Diet Drinks and Saccharin Linked to Higher Diabetes Risk
Long-term study reveals diet beverages and saccharin consumption may significantly increase diabetes incidence.
Consuming diet drinks and saccharin significantly increases diabetes risk, while other artificial sweeteners like aspartame and sucralose do not show the same effect, according to a comprehensive 30-year study.
Study Details:
The recent findings come from an analysis of data from the Coronary Artery Risk Development in Young Adults (CARDIA) study, involving 4,654 adults tracked over a median of 30 years. Presented at the NUTRITION 2025 conference, researchers specifically examined the long-term effects of different artificial sweeteners and diet beverages on diabetes risk.
Methodology:
Participants' dietary habits were assessed at three points: study onset, seven years, and twenty years. Researchers tracked artificial sweetener intake, particularly saccharin, aspartame, and sucralose, and evaluated their relationship with diabetes onset, adjusted for numerous variables including age, sex, physical activity, diet quality, waist circumference, and family diabetes history.
Key Findings:
Participants who consumed the highest amounts of diet beverages showed more than double the risk of developing diabetes compared to those with minimal intake.
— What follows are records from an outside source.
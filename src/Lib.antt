-- ===== src/Lib.antt =====
-- The capture library (src/, exported by src/export/libcapture.h): it attributes the packets of the
-- network interfaces to the processes of a Linux host, and reports processes and packets to callbacks.
--
-- The parts, how they work together, and where each is modelled:
--
-- - src/capturecxx.{h,cpp} is the core. `Capture` holds the state of CaptureCxx as a record, with the
--   singletons CapInodeHelper and Logger and the calls of the callbacks made so far. Capture/Account has
--   ProcessTcp and ProcessUdp, Capture/Totals has UpdatePids, GetCpuTotal and GetMemTotal, Capture/Sync
--   the loop of Update that erases processes, Capture/Report the loops that fill the array for the
--   process callback. Library composes them to Init, Update and Shutdown, in the order of the source,
--   and has the three C functions of src/libcapture.cpp as requests; Library/Reachable has the states
--   that sequences of them reach, Library/Told with Library/Reports what one Update tells,
--   Library/Delivery the way of a frame to its process, Library/Shares all frames of an Update and the
--   tables that they are looked up in.
-- - src/local_addr.h, src/cap_device.{h,cpp}, src/cap_ifaddrs.{h,cpp}: Device, with InitDevice and
--   Contains of CaptureCxx.
-- - src/cap_packet.{h,cpp}: Packet, with Init, Invert, IsOutgoing, Hash and Link.
-- - src/cap_protocol.{h,cpp}: Protocol. It hands a packet to a `Sink`, an interface that Library fills
--   with ProcessTcp and ProcessUdp; the packet is a frame with the offset of its transport header.
--   Protocol/Datagrams has the frames of both versions of IP as bytes, Capture/Flows the packets.
-- - src/cap_handle.{h,cpp}: Handle, with OpenLive, SetNonBlock and Dispatch; HandlePacket is in Protocol.
-- - src/cap_inode_helper.{h,cpp}: Inode and NetRow. Refresh reads /proc/net and /proc/<pid>/fd, GetPidByIp
--   is `get_pid_by_ip`; ParseBuffer, for one row of /proc/net, is `parse_buffer` of NetRow. Rows as texts
--   in the layout of proc(5) are in NetRow/Columns and NetRow/RoundTrip, their addresses of both versions
--   of IP in NetRow/Sockets, a file of rows in NetRow/Tables, the open files of processes in
--   Inode/Opened, and Refresh on all of them in Inode/Whole.
-- - src/cap_process.{h,cpp}: ProcessFields has the fields and what a line of a file leaves in them,
--   Process has Parse with its readers of /proc/<pid>, AddPacket and Info. The files in the layout of
--   proc(5) are in Process/Lines (status), Process/IoLines (io), Process/StatLine (stat) and
--   Process/Whole.
-- - src/utils/logger.hpp: Logger, with streams and macros. That Init of CaptureCxx starts it is
--   `start_log`, of which Logger/Starting says how it ends; its instance is a field of the state, as
--   src/utils/singleton.h keeps it beside that of CaptureCxx.
-- - examples/exa_capture.cpp: ExaCapture, the two callbacks and the loop of main.
-- - src/export/capture_errors.h: Errors. src/export/capture_pod.h: Capture and Library.
-- - Scan, Stream and Text model what the source uses of sscanf, of std::fstream and of std::string:
--   conversions with widths and suppression, getline with its flags, decimal texts, strncpy.
-- - Outcome has what operations return: a `Status` is a code and a state; a `Run` also says that a
--   read went behind the captured bytes, that a loop does not end, or that an exception was thrown.
-- - Examples holds a small host, with runs of the operations on it.
--
-- Parameters: what the program asks of spdlog (Spdlog, which comes with Os), inet_ntop (Inet, with the
-- sizes and characters that POSIX promises as hypotheses), the files, directories, links and accounts
-- that the program reads (Os), libpcap (Pcap), and the list of getifaddrs(3).
--
-- Numbers: unsigned fields wrap as written; `int32_t`, `pid_t` and `int` are 32 bit patterns, so that
-- pids are ordered as patterns; a number that sscanf reads stays in the 64 bits of strtol (`%d`, `%ld`)
-- or strtoul (`%u`, `%X`), at whose ends it stops, and a shorter field takes the lower bits. A `double`
-- is zero or an unrounded quotient. The host is little-endian.
--
-- Fuel: `read_loop` runs on fuel and `for_lines` gives it the length of the file plus two rounds. Each
-- round but the last takes a byte of the file, and a round more finds the end, unless a line is longer
-- than the buffer. `none` is then the loop of the source that never ends.
--
-- Left out: the messages that the library logs, the error buffers of libpcap, freeing of memory (no
-- model of malloc and free: a copied packet is a value), the failure of sprintf, the overflow of `char
-- name[128]` by a longer process name (theorems that say which name is stored have shorter ones),
-- threads (the caller keeps them apart, as src/libcapture.cpp says), and time: files are what they are
-- when they are read.
pub mod Prelude
pub mod Text
pub mod Scan
pub mod Stream
pub mod Errors
pub mod ExaCapture
pub mod Logger
pub mod Inet
pub mod Device
pub mod Packet
pub mod Os
pub mod Outcome
pub mod Process
pub mod ProcessFields
pub mod Handle
pub mod Protocol
pub mod Library
pub mod Capture
pub mod Inode
pub mod Examples
pub mod NetRow
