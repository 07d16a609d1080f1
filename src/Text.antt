-- ===== src/Text.antt =====
-- Texts as lists of bytes: C strings, `std::to_string`, and the bounded copies of `strncpy`.
pub mod Decimal
pub mod Colons
use Prim.Native.Char.{code}
use Prim.Native.String.{String}
use mathlib.Core.Logic.{dite}
use mathlib.Core.WellFounded.{Acc}
use capture.Prelude.{
  ℕ, ◌+◌, ◌-◌, ◌/◌, ◌%◌, ◌^◌, ◌<◌, ◌≡◌, refl, List, [], ◌∷◌, ◌++◌, arith, dec_lt, ltb, ◌==◌,
  if◌then◌else◌, take,
}
use capture.Prelude.Order.{lt_wf}

abbrev pub Str : Type 0
Str = List ℕ

-- The bytes of a literal.
abbrev pub codes : String → Str
codes String.[] = []
codes (String.◌∷◌ c s) = code c ∷ codes s

-- A `char *` ends at its first NUL.
unfoldable pub c_str : Str → Str
c_str [] = []
c_str (c ∷ s) = let rest = c_str s in if c == 0 then [] else c ∷ rest

-- strncpy(dst, s, n) into zeroed memory that is longer than n: at most n bytes are kept.
unfoldable pub strncpy : Str → ℕ → Str
unfolding c_str
strncpy s n = take n (c_str s)

unfoldable pub emit : (n : ℕ) → Acc ◌<◌ n → Str → Str
emit n (Acc.intro _ smaller) out =
    dite (dec_lt 0 n) (λ h. emit (n / 10) (smaller (n / 10) (omega arith)) ((48 + n % 10) ∷ out))
      (λ _. out)

-- std::to_string of an unsigned number.
unfoldable pub to_string : ℕ → Str
unfolding emit lt_wf dec_lt
to_string n = if n == 0 then 48 ∷ [] else emit n (lt_wf.apply n) []

-- A 32 bit pattern printed as `int` (`%d`, std::to_string(int)).
unfoldable pub print_int : ℕ → Str
unfolding to_string
print_int n = if ltb n (2 ^ 31) then to_string n else 45 ∷ to_string (2 ^ 32 - n)

-- Texts behind their labels, as `<<` prints them one after the other.
abbrev pub labelled : List (Str × Str) → Str
labelled [] = []
labelled ((label, value) ∷ fields) = label ++ (value ++ labelled fields)

to_string_runs : to_string 40312 ≡ codes "40312"
unfolding to_string
to_string_runs = refl
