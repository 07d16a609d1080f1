-- ===== src/Inet.antt =====
-- Addresses, and `inet_ntop` of the C library as a parameter. An IPv4 address is its `s_addr` and an
-- IPv6 address its four `s6_addr32` words, as a little-endian host reads them.
pub mod Texts
use capture.Prelude.{
  ℕ, ◌≤◌, ◌≡◌, Bool, true, false, ◌&&◌, List, [], ◌∷◌, ltb, ◌==◌, if◌then◌else◌, length, All,
}
use capture.Text.{Str}

pub record In6 : Type 0 where
  pub w0 : ℕ
  pub w1 : ℕ
  pub w2 : ℕ
  pub w3 : ℕ

abbrev pub zero6 : In6
zero6 = record { w0 = 0; w1 = 0; w2 = 0; w3 = 0 }

-- memcmp(a, b, sizeof(in6_addr)) == 0, std::equal over the sixteen bytes
unfoldable pub same6 : In6 → In6 → Bool
same6 a b = a.w0 == b.w0 && (a.w1 == b.w1 && (a.w2 == b.w2 && a.w3 == b.w3))

-- The presentation of an address.
pub record Inet : Type 0 where
  pub text4 : ℕ → Str
  pub text6 : In6 → Str

-- What POSIX promises of it: INET_ADDRSTRLEN and INET6_ADDRSTRLEN count the NUL, and an IPv4 address is
-- digits and dots.
pub record IsPosix (inet : Inet) : Type 0 where
  pub size4 : (a : ℕ) → length (inet.text4 a) ≤ 15
  pub size6 : (a : In6) → length (inet.text6 a) ≤ 45
  pub dotted4 : (a : ℕ) → All (λ c. (c == 58) ≡ false) (inet.text4 a)

-- The text ends with the NUL that POSIX promises, and has none before.
pub record IsTextual (inet : Inet) : Type 0 where
  pub text4 : (a : ℕ) → All (λ c. (c == 0) ≡ false) (inet.text4 a)
  pub text6 : (a : In6) → All (λ c. (c == 0) ≡ false) (inet.text6 a)

module _ (inet : Inet) where
  -- inet_ntop(AF_INET, &a, dst, size) on a zeroed `dst`: with no room for the text and its NUL it
  -- fails with ENOSPC and leaves `dst` empty.
  unfoldable pub ntop4 : ℕ → ℕ → Str
  ntop4 a size = if ltb (length (inet.text4 a)) size then inet.text4 a else []

  unfoldable pub ntop6 : In6 → ℕ → Str
  ntop6 a size = if ltb (length (inet.text6 a)) size then inet.text6 a else []
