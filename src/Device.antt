-- ===== src/Device.antt =====
-- src/local_addr.h, src/cap_device.h, src/cap_device.cpp, src/cap_ifaddrs.cpp and
-- `CaptureCxx::InitDevice`: the interfaces of the host and their addresses.
pub mod Membership
use capture.Prelude.{
  ℕ, ◌+◌, ◌/◌, ◌%◌, ◌^◌, Bool, true, false, ◌&&◌, ◌||◌, not, List, [], ◌∷◌, ◌++◌, Option, none,
  some, ◌==◌, if◌then◌else◌,
}
use capture.Text.{Str, codes}
use capture.Inet.{In6, Inet, zero6, same6, ntop4, ntop6}

abbrev pub af_inet : ℕ
af_inet = 2

abbrev pub af_inet6 : ℕ
af_inet6 = 10

pub record LocalAddr : Type 0 where
  pub addr_v4 : ℕ
  pub addr_v6 : In6
  pub family : ℕ
  pub str_v4 : Str
  pub str_v6 : Str

-- A new object. The source leaves the addresses unset until `Init`; no operation reads them before.
abbrev pub blank_addr : LocalAddr
blank_addr = record { addr_v4 = 0; addr_v6 = zero6; family = 0; str_v4 = []; str_v6 = [] }

-- LocalAddr::Init(in_addr_t)
unfoldable pub init_v4 : Inet → ℕ → LocalAddr → LocalAddr
unfolding ntop4
init_v4 inet a l = record l { addr_v4 = a; family = af_inet; str_v4 = ntop4 inet a 15 }

-- LocalAddr::Init(in6_addr)
unfoldable pub init_v6 : Inet → In6 → LocalAddr → LocalAddr
unfolding ntop6
init_v6 inet a l = record l { addr_v6 = a; family = af_inet6; str_v6 = ntop6 inet a 63 }

-- LocalAddr::GetStr
unfoldable pub get_str : LocalAddr → Str
get_str l = if l.family == af_inet then l.str_v4 else l.str_v6

-- LocalAddr::Contains(in6_addr)
unfoldable pub addr_contains6 : LocalAddr → In6 → Bool
unfolding same6
addr_contains6 l a =
    if l.family == af_inet6 then (if same6 l.addr_v6 a then true else false) else false

-- LocalAddr::Contains(in_addr_t)
unfoldable pub addr_contains4 : LocalAddr → ℕ → Bool
addr_contains4 l a = if l.family == af_inet && a == l.addr_v4 then true else false

-- An entry of the list of getifaddrs(3), which is a parameter of the model.
pub data SockAddr : Type 0 where
  sock_in : ℕ → SockAddr
  sock_in6 : In6 → SockAddr
  sock_other : ℕ → SockAddr

pub record IfAddrs : Type 0 where
  pub ifa_name : Option Str
  pub ifa_flags : ℕ
  pub ifa_addr : Option SockAddr

pub record CapDevice : Type 0 where
  pub name : Str
  pub flags : ℕ
  pub local_addr : LocalAddr

set_addr : Inet → SockAddr → LocalAddr
unfolding init_v4 init_v6
set_addr inet (sock_in a) = init_v4 inet a blank_addr
set_addr inet (sock_in6 a) = init_v6 inet a blank_addr
set_addr inet (sock_other family) = blank_addr

-- CapDevice::Init, which returns 0 always. `ifa_addr` is not null: its caller has tested it.
pub device_init : Inet → IfAddrs → SockAddr → CapDevice
unfolding set_addr
device_init inet it addr = record {
  name = elim it.ifa_name [ none ↦ codes "unknow device" | some n ↦ n ];
  flags = it.ifa_flags;
  local_addr = set_addr inet addr;
}

-- flags & 2^k
abbrev pub has_flag : ℕ → ℕ → Bool
has_flag flags k = flags / 2 ^ k % 2 == 1

-- CapDevice::UpRunning; IFF_UP is bit 0, IFF_LOOPBACK bit 3, IFF_RUNNING bit 6
pub up_running : CapDevice → Bool
up_running d = not (has_flag d.flags 3) && (has_flag d.flags 0 && has_flag d.flags 6)

-- CapDevice::GetLocalAddr; `Init` has made the address of every device that is kept.
unfoldable pub get_local_addr : CapDevice → Str
unfolding get_str
get_local_addr d = get_str d.local_addr

-- A round of the loop of CaptureCxx::InitDevice.
add_device : Inet → IfAddrs → List CapDevice → List CapDevice
unfolding device_init up_running
add_device inet it devices = elim it.ifa_addr [
  | none ↦ devices
  | some addr ↦
      let d = device_init inet it addr in if up_running d then devices ++ d ∷ [] else devices
]

pub add_devices : Inet → List IfAddrs → List CapDevice → List CapDevice
unfolding add_device
add_devices inet [] devices = devices
add_devices inet (it ∷ its) devices = add_devices inet its (add_device inet it devices)

-- CaptureCxx::InitDevice; `none` is a failure of getifaddrs(3).
unfoldable pub init_device : Inet → Option (List IfAddrs) → List CapDevice → List CapDevice
unfolding add_devices
init_device inet none devices = devices
init_device inet (some its) devices = add_devices inet its devices

-- CaptureCxx::Contains(in_addr_t)
unfoldable pub contains4 : List CapDevice → ℕ → Bool
unfolding addr_contains4
contains4 [] a = false
contains4 (d ∷ ds) a =
    let rest = contains4 ds a in if addr_contains4 d.local_addr a then true else rest

-- CaptureCxx::Contains(in6_addr)
unfoldable pub contains6 : List CapDevice → In6 → Bool
unfolding addr_contains6
contains6 [] a = false
contains6 (d ∷ ds) a =
    let rest = contains6 ds a in if addr_contains6 d.local_addr a then true else rest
Saccharin intake specifically was linked with a 2.1 times higher risk. Notably, even after adjusting for waist circumference, the increased risk associated with diet beverages and saccharin remained significant, highlighting their potential independent role in diabetes development.
Aspartame and sucralose did not exhibit significant associations with diabetes risk, suggesting differences in the metabolic effects of various sweeteners.
Implications for Practice:
For patients, these findings suggest the need for caution with diet drinks and saccharin as seemingly healthier sugar alternatives.
Healthcare providers should reconsider recommending diet beverages and saccharin-based products, focusing instead on promoting unsweetened beverages like water, tea, coffee, or limited amounts of natural fruit juices. Clinicians should also educate patients about the nuanced differences between artificial sweeteners and emphasize moderation. Future dietary guidelines may need revision to reflect the specific risks associated with saccharin and diet beverages to better support public health.